Через полчаса мы нагнали прелестную пару и Хосе; старик вел в поводу старую серую мулицу, на которой были привезены подарки для священника, овощи на продажу и праздничная одежда для мужчин. Трансито оделась в свой наряд, и он был ей к лицу не меньше, чем наряд новобрачной: из-под соломенной шляпы косы падали на черную шаль с фиолетовой отделкой; розовая ситцевая юбка в пышных оборках, слегка приподнятая. чтобы ее не намочило росой, открывала по временам стройные ножки, а из-под распахнувшейся ненароком шалун выглядывала белая, шитая красным и черным шелком блузка.
Мы замедлили шаг коней, чтобы проехать немножко вместе с ними и подождать маму. Трансито, шагая рядом с Марией, снимала с ее подола соломинки, приставшие когда мы проезжали через жнивье. Она мало говорила, но ее прелестное лицо без слов выражало робкую признательность и счастье.
Когда мы распрощались, пообещав приехать вечером в горы, Трансито улыбнулась Марии почти с сестринской нежностью. Мария, сжимая робко протянутую руку своей названой дочери, сказала:
– Меня беспокоит, как ты пойдешь всю дорогу пешком.
– Почему, сеньорита?
– Сеньорита?
– Ах, надо говорить – матушка?
– Да, да.
– Ладно. Мы ведь пойдем не спеша, правда? – обратилась она к мужчинам.
– Конечно, – ответил Браулио. – А если сегодня ты наконец не постесняешься опираться на мою руку при подъемах, то и устанешь меньше.
Тут нас нагнали мама и Фелипе. Мама пригласила Хосе со всей семьей к нам завтра на обед, и он обещал прийти.
На обратном пути у нас завязался общий разговор, и мы с Марией постарались развлечь маму, которая жаловалась на усталость, как всегда после верховой езди. Только уже подъезжая к дому, Мария шепнула мне:
– Ты хочешь сегодня же поговорить с папой?
– Да.
– Сегодня ничего не говори.
– Почему?
– Потому что не надо.
– Когда же, по-твоему, сказать?
– Если в течение недели он не будет говорить о твоем отъезде, найди сам случай сказать ему обо всем. И знаешь, когда это лучше сделать? В тот день, когда вы будете много работать вместе. Он сам почувствует, как важна для него твоя помощь.
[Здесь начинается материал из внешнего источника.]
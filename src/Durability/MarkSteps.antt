-- ===== src/Durability/MarkSteps.antt =====
-- The steps of `mark`, which leave the promised heaps as they are.
use escort.Prelude.{
  ℕ, suc, ◌+◌, ◌<◌, ◌≡◌, refl, sym, ap, ◌∙◌, subst, inl, inr, ◌⊎◌, Bool, true, false, not, ◌||◌,
  some, List, ◌∷◌, ◌==◌, if◌then◌else◌, update, ==_iff, arith,
}
use escort.Address.{num_lines, line_addr}
use escort.Bitmap.{is_set}
use escort.Plog.{Cacheline}
use escort.World.{World, curr_of}
use escort.RedoLog.{RedoLogs}
use escort.Userthread.{mark_line}
use escort.Snapshot
use escort.Snapshot.Steps
use escort.EpochProtocol.{inside}
use escort.EpochHeap.{Heaps}
use escort.Durability.{
  threads, marking, Phase, resting, waiting, logging, replaying, clearing, Run, Ordered,
}
use escort.Durability.Lines.{lines_of, threads_member}
use escort.Snapshot.Cycle.{prev_clear}
use escort.Durability.Marks.{Effect, mark_line-Effect, mark_line_alone}
use escort.Durability.Late.{late_mark-Inv, late_mark-Copied, mark-Copied}
use escort.Durability.Resting.{mark-Boundary}
use escort.Durability.Listed
use escort.Durability.Listed.{Listed-begin_mark}
use escort.Durability.Regions.{Listed-mark}
use escort.Durability.Invariant.{
  cur, AllListed, Open, Closing, Waiting, Updating, ToReplay, ToClear, IsDurable, InPhase,
  Simulates, passed-parity, waiting-parity,
}

twice : (b : Bool) → not (not b) ≡ b
twice true = refl
twice false = refl

module _ (L : RedoLogs) (offset n : ℕ) (s : Run L.State) (h : Heaps) (v : Simulates L offset n s h)
    (i e : ℕ) (r : i < n) (here : s.sys.pc i ≡ inside e) (first num_bits : ℕ) where
  open L use {State}

  module _ (done : ℕ) (flag has_set : Bool) (w : World State)
      (act : s.activity i ≡ marking first num_bits done flag) (more : done < num_bits)
      (ordered : Ordered L offset n s e (first + done))
      (eq : mark_line L i (curr_of e) (line_addr (first + done)) (first + done) s.world
        ≡ some (has_set, w)) where
    abbrev marked : Run State
    marked = record s {
      world = w;
      activity = update s.activity i (marking first num_bits (suc done) (flag || has_set));
    }

    abbrev line : ℕ
    line = first + done

    bound : line < num_lines
    bound = omega (arith, v.bounded i first num_bits done flag act)

    effect : Effect L (curr_of e) line has_set s.world w
    effect = mark_line-Effect L i (curr_of e) (line_addr line) line has_set s.world w eq

    eq_at :
        (c : Bool)
        → curr_of e ≡ c
        → mark_line L i c (line_addr line) line s.world ≡ some (has_set, w)
    eq_at c same =
        subst (λ k. mark_line L i k (line_addr line) line s.world ≡ some (has_set, w)) same eq

    own_at :
        (c : Bool)
        → curr_of e ≡ c
        → (x : ℕ)
        → is_set (w.bitmap c) x ≡ (if line == x then true else is_set (s.world.bitmap c) x)
    own_at c same x =
        subst
          (λ k. is_set (w.bitmap k) x ≡ (if line == x then true else is_set (s.world.bitmap k) x))
          same (effect.own_bits x)

    other_at :
        (c : Bool)
        → curr_of e ≡ not c
        → (x : ℕ) → is_set (w.bitmap c) x ≡ true
        → is_set (s.world.bitmap c) x ≡ true
    other_at c same x =
        subst (λ k. is_set (w.bitmap k) x ≡ true → is_set (s.world.bitmap k) x ≡ true)
          (ap not same ∙ twice c) (effect.other_bits x)

    relist : (c : Bool) → AllListed L offset n c s → AllListed L offset n c marked
    relist c lists =
        subst (λ list. Listed.Listed n c w.bitmap list s.sys.pc marked.activity)
          (sym effect.same_list)
          (Listed-mark n c s.world.bitmap w.bitmap s.world.addrlist s.sys.pc s.activity i e first
            num_bits done flag has_set r here act more (own_at c)
            (λ same.
              subst (λ k. (is_set (s.world.bitmap k) line ≡ true) ⊎ (has_set ≡ true)) same
                effect.was_set)
            (other_at c) lists)

    still-IsDurable : IsDurable L offset n s.world.nvm h → IsDurable L offset n w.nvm h
    still-IsDurable d l b = ap (λ m. m (Snapshot.nvm_addr offset l)) effect.same_nvm ∙ d l b

    mark-Open : Open L offset n s h → Open L offset n marked h
    mark-Open o =
        let same : curr_of e ≡ cur s.sys =
          passed-parity L offset n s v.protocol_holds i e r here o.passed in
        record {
          todo = line ∷ o.todo;
          boundary =
              mark-Boundary L offset (threads n) (cur s.sys) s.world o.todo o.boundary line i
                has_set w (eq_at (cur s.sys) same);
          not_closing = o.not_closing;
          passed = o.passed;
          lists = relist (cur s.sys) o.lists;
          durable = still-IsDurable o.durable;
        }

    module _ (p : Bool) (snapshot : ℕ → Cacheline) (todo : List ℕ)
        (c : Closing L offset n p snapshot todo s h) where
      mark-Closing : curr_of e ≡ not p → Closing L offset n p snapshot todo marked h
      mark-Closing new = record {
        parity = c.parity;
        inv =
            Snapshot.Steps.Step-Inv L offset (threads n) p
              (Snapshot.mark i line has_set (threads_member n i r) bound (eq_at (not p) new)) c.inv;
        is_closing = c.is_closing;
        lists = relist (not p) c.lists;
        cover = line ∷ c.cover;
        covers = λ x b. ground (arith, own_at (not p) new x, c.covers x, ==_iff line x);
        durable = still-IsDurable c.durable;
      }

      late_mark-Closing :
          curr_of e ≡ p
          → is_set (s.world.bitmap (not p)) line ≡ false
          → Closing L offset n p snapshot (line ∷ todo) marked h
      late_mark-Closing old alone = record {
        parity = c.parity;
        inv = late_mark-Inv L offset (threads n) p c.inv line bound alone i has_set w (eq_at p old);
        is_closing = c.is_closing;
        lists = relist (not p) c.lists;
        cover = c.cover;
        covers = λ x b. c.covers x (other_at (not p) (old ∙ sym (twice p)) x b);
        durable = still-IsDurable c.durable;
      }

    module _ (p : Bool) (snapshot : ℕ → Cacheline) (u : Updating L offset n p snapshot s h) where
      new_epoch : curr_of e ≡ not p
      new_epoch = passed-parity L offset n s v.protocol_holds i e r here u.passed ∙ u.parity

      mark-Updating : Updating L offset n p snapshot marked h
      mark-Updating = record {
        parity = u.parity;
        inv =
            Snapshot.Steps.Step-Inv L offset (threads n) p
              (Snapshot.mark i line has_set (threads_member n i r) bound (eq_at (not p) new_epoch))
              u.inv;
        not_closing = u.not_closing;
        passed = u.passed;
        lists = relist (not p) u.lists;
        cover = line ∷ u.cover;
        covers = λ x b. ground (arith, own_at (not p) new_epoch x, u.covers x, ==_iff line x);
        durable = u.durable;
      }

      -- No line of the old epoch is left to copy.
      same_logs : w.logs ≡ s.world.logs
      same_logs =
          elim (mark_line_alone L i (not p) (line_addr line) line has_set s.world w
            (ap (λ k. is_set (s.world.bitmap k) line) (twice p)
              ∙ prev_clear L offset (threads n) p snapshot s.world u.inv line)
            (eq_at (not p) new_epoch)) [
              | inl same ↦ ap (λ x. x.logs) same
              | inr set ↦ ap (λ x. x.logs) set
            ]

    mark-Waiting :
        (p : Bool) (snapshot : ℕ → Cacheline) (todo : List ℕ)
        → Waiting L offset n p snapshot todo s h
        → InPhase L offset n marked h waiting
    mark-Waiting p snapshot todo u =
        elim (waiting-parity L offset n s v.protocol_holds i e r here p line u.closing.parity
          ordered) [
            | inl new ↦ (
              p,
              snapshot,
              todo,
              record {
                closing = mark-Closing p snapshot todo u.closing new;
                copied =
                    mark-Copied L offset (threads n) p i line has_set s.world w u.closing.inv.valid
                      bound (eq_at (not p) new) u.copied;
                old_lists = relist p u.old_lists;
              },
            )
            | inr (old, alone) ↦ (
              p,
              snapshot,
              line ∷ todo,
              record {
                closing = late_mark-Closing p snapshot todo u.closing old alone;
                copied =
                    late_mark-Copied L offset (threads n) p i line has_set s.world w alone
                      (eq_at p old) u.copied;
                old_lists = relist p u.old_lists;
              },
            )
          ]

    mark-InPhase : (ph : Phase) → InPhase L offset n s h ph → InPhase L offset n marked h ph
    mark-InPhase resting o = mark-Open o
    mark-InPhase waiting (p, snapshot, todo, u) = mark-Waiting p snapshot todo u
    mark-InPhase (logging ts) (p, snapshot, c, all) = (
      p,
      snapshot,
      mark-Closing p snapshot (lines_of ts) c
          (passed-parity L offset n s v.protocol_holds i e r here all ∙ c.parity),
      all,
    )
    mark-InPhase (replaying ids) (p, snapshot, u, rest) = (
      p,
      snapshot,
      mark-Updating p snapshot u,
      subst (λ x. ToReplay L offset n snapshot ids w.nvm x) (sym (same_logs p snapshot u))
          (subst (λ m. ToReplay L offset n snapshot ids m s.world.logs) (sym effect.same_nvm) rest),
    )
    mark-InPhase (clearing ids) (p, snapshot, u, rest) = (
      p,
      snapshot,
      mark-Updating p snapshot u,
      subst (λ x. ToClear L offset n snapshot ids w.nvm x) (sym (same_logs p snapshot u))
          (subst (λ m. ToClear L offset n snapshot ids m s.world.logs) (sym effect.same_nvm) rest),
    )

    pub mark_next-Simulates : Simulates L offset n marked h
    mark_next-Simulates = record {
      protocol_holds = v.protocol_holds;
      bounded = λ j f m d g q.
          ground (arith, v.bounded i first num_bits done flag act, v.bounded j f m d g, ==_iff i j);
      current = λ x b. v.current x b ∙ sym (ap (λ m. m (line_addr x)) effect.same_dram);
      in_phase = mark-InPhase s.phase v.in_phase;
    }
– Трудно мне будет вытерпеть все это время, гадая, согласится он или нет.
– А если он сразу откажет?
– Ты этого боишься?
– Да.
– Что же мы тогда будем делать?
– Ты – подчинишься.
– А ты?
– Ах, кто знает!
– Ты должна верить, что он согласится, Мария.
– Нет, нет. Если я обманусь в своих надеждах, я знаю, этот обман будет стоить мне слишком дорого. Сделай лучше так, как я сказала, тогда, может быть, все обойдется.